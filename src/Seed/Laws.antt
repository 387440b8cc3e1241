-- ===== src/Seed/Laws.antt =====
-- The candidates are the cells of the tile that reach the threshold.
use package.watershed_delineation.Prelude.{
  ℕ, zero, suc, ◌+◌, ◌≤◌, ◌<◌, ◌≡◌, refl, sym, ap, ap₂, subst, ◌∙◌, ◌↔◌, inl, inr, ⊎_elim,
  ℕ_discrete, false, Bool-cases, List, [], ◌∷◌, ◌++◌, ◌∈◌, mem-append, returns, returns_inj, arith,
}
use package.watershed_delineation.Prelude.Floats.{Floats}
use package.watershed_delineation.Raster.Grid.{GridCoord, Inside}
use package.watershed_delineation.Raster.FlowTile.{TileState}
use package.watershed_delineation.Raster.AccTile.{AccumulationTile, get_raw, dims}
use package.watershed_delineation.Raster.Tile
use package.watershed_delineation.Raster.Tile.Laws.{value, get-value}
use package.watershed_delineation.Geo.{GeoTransform}
use package.watershed_delineation.Seed.{
  RasterSeedCandidate, is_below, distance_squared, candidate_of, row_candidates, grid_candidates,
}

module _ {F A : Type 0} (fl : Floats F) (fs : Floats A) {S : TileState}
    (t : AccumulationTile (GeoTransform F) A S) (frac : F × F) (threshold : A) where
  -- A cell of the tile that reaches the threshold, with its distance and accumulation.
  abbrev pub Eligible : RasterSeedCandidate F A → Type 0
  Eligible c =
      Inside (dims t) c.cell
      × (get_raw t c.cell ≡ returns c.accumulation)
      × (is_below fs threshold c.accumulation ≡ false)
      × (c.distance_squared ≡ distance_squared fl frac c.cell)

  Eligible-candidate_of :
      (c : RasterSeedCandidate F A) (row col : ℕ) (v : A)
      → Eligible c
      → c.cell.row ≡ row
      → c.cell.col ≡ col
      → get_raw t (record { row = row; col = col }) ≡ returns v
      → c ≡ candidate_of fl fs frac (record { row = row; col = col }) v
  Eligible-candidate_of c row col v h er ec g =
      let same : c.cell ≡ record { row = row; col = col } =
        ap₂ (λ r k. record { row = r; col = k }) er ec in
      let seen : c.accumulation ≡ v = returns_inj (sym h.1 ∙ ap (get_raw t) same ∙ g) in
      let far : c.distance_squared ≡ distance_squared fl frac (record { row = row; col = col }) =
        h.3 ∙ ap (distance_squared fl frac) same in
      cc (same, seen, far)

  -- Column `col` or a later one, before column `col + n`.
  abbrev Among : ℕ → ℕ → ℕ → RasterSeedCandidate F A → Type 0
  Among row col n c = Eligible c × (c.cell.row ≡ row) × (col ≤ c.cell.col) × (c.cell.col < col + n)

  module _ (valid : Tile.IsValid t.inner) where
    row_candidates-Among :
        (row col n : ℕ)
        → row < t.inner.rows
        → col + n ≤ t.inner.cols
        → (cs : List (RasterSeedCandidate F A)) × (row_candidates fl fs t frac threshold row col n
            ≡ returns cs)
          × ((c : RasterSeedCandidate F A) → (c ∈ cs) ↔ Among row col n c)
    unfolding row_candidates
    row_candidates-Among row col zero hr hc =
        ([], refl, λ c. (λ z. absurd z, λ h. omega (arith, h)))
    row_candidates-Among row col (suc n) hr hc =
        let cell : GridCoord = record { row = row; col = col } in
        let v = value t.inner cell in
        let g = get-value t.inner valid cell (hr, omega (arith, hc)) in
        let (cs, e, mem) = row_candidates-Among row (suc col) n hr (omega (arith, hc)) in
        elim (Bool-cases (is_below fs threshold v)) [
          | inl below ↦ (
            cs,
            rw (g, e, below) refl,
            λ c. (
              λ m. let a = (mem c).0 m in (a.0, a.1, omega (arith, a), omega (arith, a)),
              λ a. elim (ℕ_discrete c.cell.col col) [
                | yes here ↦
                    let same = Eligible-candidate_of c row col v a.0 a.1 here g in
                    absurd (cc (below, a.0.2, ap (λ k. is_below fs threshold k.accumulation) same))
                | no ne ↦ (mem c).1 (a.0, a.1, omega (arith, a, ne), omega (arith, a))
              ],
            ),
          )
          | inr enough ↦ (
            candidate_of fl fs frac cell v ∷ cs,
            rw (g, e, enough) refl,
            λ c. (
              ⊎_elim
                  (λ first.
                    subst (Among row col (suc n)) (sym first)
                      (((hr, omega (arith, hc)), g, enough, refl), refl, omega arith, omega arith))
                  (λ m. let a = (mem c).0 m in (a.0, a.1, omega (arith, a), omega (arith, a))),
              λ a. elim (ℕ_discrete c.cell.col col) [
                | yes here ↦ inl (Eligible-candidate_of c row col v a.0 a.1 here g)
                | no ne ↦ inr ((mem c).1 (a.0, a.1, omega (arith, a, ne), omega (arith, a)))
              ],
            ),
          )
        ]

    grid_candidates-Eligible :
        (row n : ℕ)
        → row + n ≤ t.inner.rows
        → (cs : List (RasterSeedCandidate F A)) × (grid_candidates fl fs t frac threshold row n
            ≡ returns cs)
          × ((c : RasterSeedCandidate F A)
              → (c ∈ cs) ↔ Eligible c × (row ≤ c.cell.row) × (c.cell.row < row + n))
    unfolding grid_candidates
    grid_candidates-Eligible row zero hr = ([], refl, λ c. (λ z. absurd z, λ h. omega (arith, h)))
    grid_candidates-Eligible row (suc n) hr =
        let (here, e, mem) =
          row_candidates-Among row 0 t.inner.cols (omega (arith, hr)) (omega arith) in
        let (later, e', mem') = grid_candidates-Eligible (suc row) n (omega (arith, hr)) in
        (
          here ++ later,
          rw (e, e') refl,
          λ c. (
            λ m.
                ⊎_elim (λ m0. let a = (mem c).0 m0 in (a.0, omega (arith, a), omega (arith, a)))
                  (λ m1. let a = (mem' c).0 m1 in (a.0, omega (arith, a), omega (arith, a)))
                  ((mem-append c here later).0 m),
            λ a. (mem-append c here later).1 (elim (ℕ_discrete c.cell.row row) [
              | yes same ↦ inl ((mem c).1 (a.0, same, omega arith, omega (arith, a.0.0)))
              | no ne ↦ inr ((mem' c).1 (a.0, omega (arith, a, ne), omega (arith, a)))
            ]),
          ),
        )

    -- The candidates are found without a panic, and are the eligible cells.
    pub grid_candidates-all :
        (cs : List (RasterSeedCandidate F A)) × (grid_candidates fl fs t frac threshold 0
            t.inner.rows
          ≡ returns cs)
        × ((c : RasterSeedCandidate F A) → (c ∈ cs) ↔ Eligible c)
    grid_candidates-all =
        let (cs, e, mem) = grid_candidates-Eligible 0 t.inner.rows (omega arith) in
        (cs, e, λ c. (λ m. ((mem c).0 m).0, λ el. (mem c).1 (el, omega arith, omega (arith, el.0))))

• [What the exercise asks]
The first line of the data, the line with "ap₂ (λ r k.", and all lines in between are to be copied exactly. Leave out everything else.

• [Answer box]
filename src/Seed/Laws.antt
repository 387440b8cc3e1241
-- ===== src/Seed/Laws.antt =====
-- The candidates are the cells of the tile that reach the threshold.
use package.watershed_delineation.Prelude.{
  ℕ, zero, suc, ◌+◌, ◌≤◌, ◌<◌, ◌≡◌, refl, sym, ap, ap₂, subst, ◌∙◌, ◌↔◌, inl, inr, ⊎_elim,
  ℕ_discrete, false, Bool-cases, List, [], ◌∷◌, ◌++◌, ◌∈◌, mem-append, returns, returns_inj, arith,
}
use package.watershed_delineation.Prelude.Floats.{Floats}
use package.watershed_delineation.Raster.Grid.{GridCoord, Inside}
use package.watershed_delineation.Raster.FlowTile.{TileState}
use package.watershed_delineation.Raster.AccTile.{AccumulationTile, get_raw, dims}
use package.watershed_delineation.Raster.Tile
use package.watershed_delineation.Raster.Tile.Laws.{value, get-value}
use package.watershed_delineation.Geo.{GeoTransform}
use package.watershed_delineation.Seed.{
  RasterSeedCandidate, is_below, distance_squared, candidate_of, row_candidates, grid_candidates,
}

module _ {F A : Type 0} (fl : Floats F) (fs : Floats A) {S : TileState}
    (t : AccumulationTile (GeoTransform F) A S) (frac : F × F) (threshold : A) where
  -- A cell of the tile that reaches the threshold, with its distance and accumulation.
  abbrev pub Eligible : RasterSeedCandidate F A → Type 0
  Eligible c =
      Inside (dims t) c.cell
      × (get_raw t c.cell ≡ returns c.accumulation)
      × (is_below fs threshold c.accumulation ≡ false)
      × (c.distance_squared ≡ distance_squared fl frac c.cell)

  Eligible-candidate_of :
      (c : RasterSeedCandidate F A) (row col : ℕ) (v : A)
      → Eligible c
      → c.cell.row ≡ row
      → c.cell.col ≡ col
      → get_raw t (record { row = row; col = col }) ≡ returns v
      → c ≡ candidate_of fl fs frac (record { row = row; col = col }) v
  Eligible-candidate_of c row col v h er ec g =
      let same : c.cell ≡ record { row = row; col = col } =
        ap₂ (λ r k. record { row = r; col = k }) er ec in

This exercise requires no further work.